A group of buyers that includes  the J. Paul Getty Trust, in association with the Ford Foundation, the John D. and Catherine T. MacArthur Foundation and the Andrew W. Mellon Foundation. purchased the historic photos for $30 million, according to Chicago radio station WBEZ.

READ MORE: Ebony to auction off its prized photo archives to pay creditors

The archive, which chronicles seven decades of Black life in America and consists of millions of images, was placed up for auction by the Chicago-based Johnson Publishing Co., after filing for Chapter 7 bankruptcy in April.

According to the Chicago Tribune, the archive will go to the Smithsonian National Museum of African American History and Culture, the Getty Research Institute, as well as other institutions so that researchers and scholars will have access.

“There is no greater repository of the history of the modern African-American experience than this archive,” James Cuno, president of The J. Paul Getty Trust, said in a press release. The trust is the lead purchaser in the consortium. “Saving it and making it available to the public is a great honor and a grave responsibility.”

Earlier this year, reports stated the money collected from the sale of the photo archives would go toward settling debt with numerous creditors. Johnson Publishing has been trying to sell the archives since 2015, when its value was appraised at $46 million. The company sold the magazines and their websites to the Texas-based Clear View Group in 2016. The bankruptcy and auction sale does not affect the publications.

Creditors owed include filmmaker George Lucas and his wife financial investment advisor Mellody Hobson, who own Capital V Holdings and gave a $12 million loan to Johnson Publishing. Lucas and Hobson were eligible to bid on the archives using the money that was owed to them. They could also have received the full collection in foreclosure if there had not been another bidder for the archives.

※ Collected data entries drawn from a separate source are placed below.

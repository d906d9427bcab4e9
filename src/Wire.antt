-- ===== src/Wire.antt =====
-- The sending half of a connection, src/main.rs: the loop of `handle_incoming_data` that turns events
-- into bytes, `serialize_message` and `serialize_hello`; and its reading loop over the parser.
-- `GrizolEvent` is that of src/core.rs. The protobuf encoders are another crate, and a parameter.
pub mod Frames
pub mod Bodies
pub mod Hellos
pub mod RoundTrip
mod Tests
use grizol.Prelude.{
  ℕ, ◌^◌, Bool, Option, none, some, List, [], ◌∷◌, ◌++◌, length, map, ltb, if◌then◌else◌,
}
use grizol.Prelude.Outcome.{Outcome, ok, panic, ◌>>=◌, ◌>>◌, unwrap}
use grizol.Prelude.Bytes.{Bytes, u16_to_be_bytes, u32_to_be_bytes}
use grizol.Prelude.Int.{pos}
use grizol.Proto.{
  Hello, Header, ClusterConfig, Index, IndexUpdate, Request, Response, DownloadProgress, Ping,
  Close, MessageType, message_type_code,
}
use grizol.Parser.Incoming.{Decoders, ParseError}
use grizol.Parser.Decode.{CompleteMessage, magic_number}
use grizol.Parser.Machine.{BepDataParser, parse_incoming_data}

-- `encode_to_vec` of each message.
pub record Encoders : Type 0 where
  pub header : Header → Bytes
  pub hello : Hello → Bytes
  pub cluster_config : ClusterConfig → Bytes
  pub index : Index → Bytes
  pub index_update : IndexUpdate → Bytes
  pub request : Request → Bytes
  pub response : Response → Bytes
  pub download_progress : DownloadProgress → Bytes
  pub ping : Ping → Bytes
  pub close : Close → Bytes

pub data GrizolEvent : Type 0 where
  message : CompleteMessage → GrizolEvent
  request_processed request_created : GrizolEvent

-- `n.try_into().unwrap()` to an unsigned integer of `bits` bits.
abbrev pub try_into_bits : {E : Type 0} → ℕ → ℕ → Outcome E ℕ
try_into_bits bits n = if ltb n (2 ^ bits) then ok n else panic

unfoldable pub serialize_hello : {E : Type 0} → Bytes → Outcome E Bytes
serialize_hello message_bytes = do
  message_len ← try_into_bits 16 (length message_bytes)
  ok (magic_number ++ (u16_to_be_bytes message_len ++ message_bytes))

-- `map(f).flatten()` where `f` may unwind.
abbrev pub flat_map_or_panic :
    {E : Type 0} → (Bytes → Outcome E Bytes) → List Bytes → Outcome E Bytes
flat_map_or_panic f [] = ok []
flat_map_or_panic f (x ∷ xs) = f x >>= λ a. flat_map_or_panic f xs >>= λ b. ok (a ++ b)

abbrev pub outgoing_header : MessageType → Header
outgoing_header t = record { type_code = message_type_code t; compression = pos 0 }

abbrev first_body : List Bytes → Option Bytes
first_body [] = none
first_body (b ∷ bs) = some b

module _ (encoders : Encoders) where
  unfoldable pub serialize_message : {E : Type 0} → Header → Bytes → Outcome E Bytes
  serialize_message header message_bytes = do
    let header_bytes = encoders.header header
    header_len ← try_into_bits 16 (length header_bytes)
    message_len ← try_into_bits 32 (length message_bytes)
    ok (
        u16_to_be_bytes header_len
        ++ (header_bytes ++ (u32_to_be_bytes message_len ++ message_bytes)))

  -- The type and the bodies for a message. A `Request` is not sent this way.
  unfoldable pub message_bodies :
      {E : Type 0} → CompleteMessage → Outcome E (Option MessageType × List Bytes)
  message_bodies (CompleteMessage.hello m) = ok (none, encoders.hello m ∷ [])
  message_bodies (CompleteMessage.cluster_config m) =
      ok (some MessageType.cluster_config, encoders.cluster_config m ∷ [])
  message_bodies (CompleteMessage.index m) = ok (some MessageType.index, encoders.index m ∷ [])
  message_bodies (CompleteMessage.index_update m) =
      ok (some MessageType.index_update, encoders.index_update m ∷ [])
  message_bodies (CompleteMessage.request m) = panic
  message_bodies (CompleteMessage.response m) =
      ok (some MessageType.response, encoders.response m ∷ [])
  message_bodies (CompleteMessage.download_progress m) =
      ok (some MessageType.download_progress, encoders.download_progress m ∷ [])
  message_bodies (CompleteMessage.ping m) = ok (some MessageType.ping, encoders.ping m ∷ [])
  message_bodies (CompleteMessage.close m) = ok (some MessageType.close, encoders.close m ∷ [])

  -- `throttled` is what `throttled_requests` returned for this event.
  unfoldable pub event_bodies :
      {E : Type 0} → GrizolEvent → List Request → Outcome E (Option MessageType × List Bytes)
  unfolding message_bodies
  event_bodies (message m) throttled = message_bodies m
  event_bodies request_processed throttled =
      ok (some MessageType.request, map encoders.request throttled)
  event_bodies request_created throttled =
      ok (some MessageType.request, map encoders.request throttled)

  serialize_bodies : {E : Type 0} → Option MessageType → List Bytes → Outcome E Bytes
  serialize_bodies (some t) bodies =
      flat_map_or_panic (serialize_message (outgoing_header t)) bodies
  serialize_bodies none bodies = unwrap (first_body bodies) >>= serialize_hello

  -- The bytes written for one event.
  unfoldable pub outgoing_data : {E : Type 0} → GrizolEvent → List Request → Outcome E Bytes
  unfolding serialize_bodies event_bodies
  outgoing_data event throttled = do
    bodies ← event_bodies event throttled
    serialize_bodies bodies.0 bodies.1

module _ (decoders : Decoders) where
  -- The reading loop: the messages of each read, in order. The end of the stream ends the list.
  unfoldable pub read_all :
      BepDataParser → List Bytes → Outcome ParseError (BepDataParser × List CompleteMessage)
  read_all p [] = ok (p, [])
  read_all p (buf ∷ reads) = do
    (p', complete_messages) ← parse_incoming_data decoders p buf
    (p'', more) ← read_all p' reads
    ok (p'', complete_messages ++ more)
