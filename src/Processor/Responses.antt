-- ===== src/Processor/Responses.antt =====
-- What a response does, `handle_response` and `process_response` of src/core/bep_processor.rs, on the
-- queue of requests. Storing the data is I/O, during which the lock on the queue is free, and a
-- parameter: `stored` is what `store_response_data` returns for a request and its response, `none` for
-- `Ok(())`, with what other tasks have made of the queue meanwhile.
use grizol.Prelude.{ℕ, zero, suc, Option, none, some, List, [], ◌∷◌}
use grizol.Prelude.Int.{ℤ, pos, negsuc}
use grizol.Prelude.Keys.{int_eq}
use grizol.Prelude.Outcome.{Outcome, ok, panic, ◌>>=◌}
use grizol.Proto.{Request, Response}
use grizol.Wire.{GrizolEvent, request_processed}
use grizol.Requests.{OutgoingRequests, get, remove}

pub data BepProcessorError : Type 0 where
  no_associated_request wrong_data_in_response error_in_response : BepProcessorError
  file_not_in_index storage_error state_error : BepProcessorError

-- `Result<GrizolEvent, BepProcessorError>`
pub data EventResult : Type 0 where
  event : GrizolEvent → EventResult
  failed : BepProcessorError → EventResult

pub data ErrorCode : Type 0 where
  no_error generic no_such_file invalid_file : ErrorCode

abbrev nth_error_code : ℕ → Option ErrorCode
nth_error_code zero = some no_error
nth_error_code (suc zero) = some generic
nth_error_code (suc (suc zero)) = some no_such_file
nth_error_code (suc (suc (suc zero))) = some invalid_file
nth_error_code (suc (suc (suc (suc n)))) = none

-- `ErrorCode::try_from(code)`
abbrev pub error_code_of : ℤ → Option ErrorCode
error_code_of (pos n) = nth_error_code n
error_code_of (negsuc n) = none

abbrev pub result_of : Option BepProcessorError → EventResult
result_of none = event request_processed
result_of (some e) = failed e

abbrev pub Stored : Type 0 → Type 0
Stored E =
    Request → Response → OutgoingRequests → Outcome E (Option BepProcessorError × OutgoingRequests)

module _ {E : Type 0} (stored : Stored E) where
  process_found :
      Option Request → Response → OutgoingRequests → Outcome E (EventResult × OutgoingRequests)
  process_found none response s = ok (failed no_associated_request, s)
  process_found (some request) response s = do
    (res, s') ← stored request response s
    (gone, s'') ← remove response.id s'
    ok (result_of res, s'')

  unfoldable pub process_response :
      Response → OutgoingRequests → Outcome E (EventResult × OutgoingRequests)
  unfolding process_found
  process_response response s = process_found (get response.id s) response s

  handle_code :
      Option ErrorCode
      → Response
      → OutgoingRequests
      → Outcome E (List EventResult × OutgoingRequests)
  handle_code none response s = panic
  handle_code (some no_error) response s = process_response response s >>= λ x. ok (x.0 ∷ [], x.1)
  handle_code (some generic) response s = ok (failed error_in_response ∷ [], s)
  handle_code (some no_such_file) response s = ok (failed error_in_response ∷ [], s)
  handle_code (some invalid_file) response s = ok (failed error_in_response ∷ [], s)

  unfoldable pub handle_response :
      Response → OutgoingRequests → Outcome E (List EventResult × OutgoingRequests)
  unfolding handle_code
  handle_response response s = handle_code (error_code_of response.code) response s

READ MORE: Former publisher of EBONY and JET magazines files for bankruptcy

“The Johnson Publishing archives are an essential part of American history and have been critical in telling the extraordinary stories of African American culture for decades,” Lucas and Hobson’s company said back in April. “We want to be sure the archives are protected for generations to come.”

The archives are stated to hold over four million images from decades spanning the civil rights era and in the years since, including iconic images of Muhammed Ali and other prominent African-American figures.

A hearing on the sale was slated to begin on Thursday in bankruptcy court in Chicago.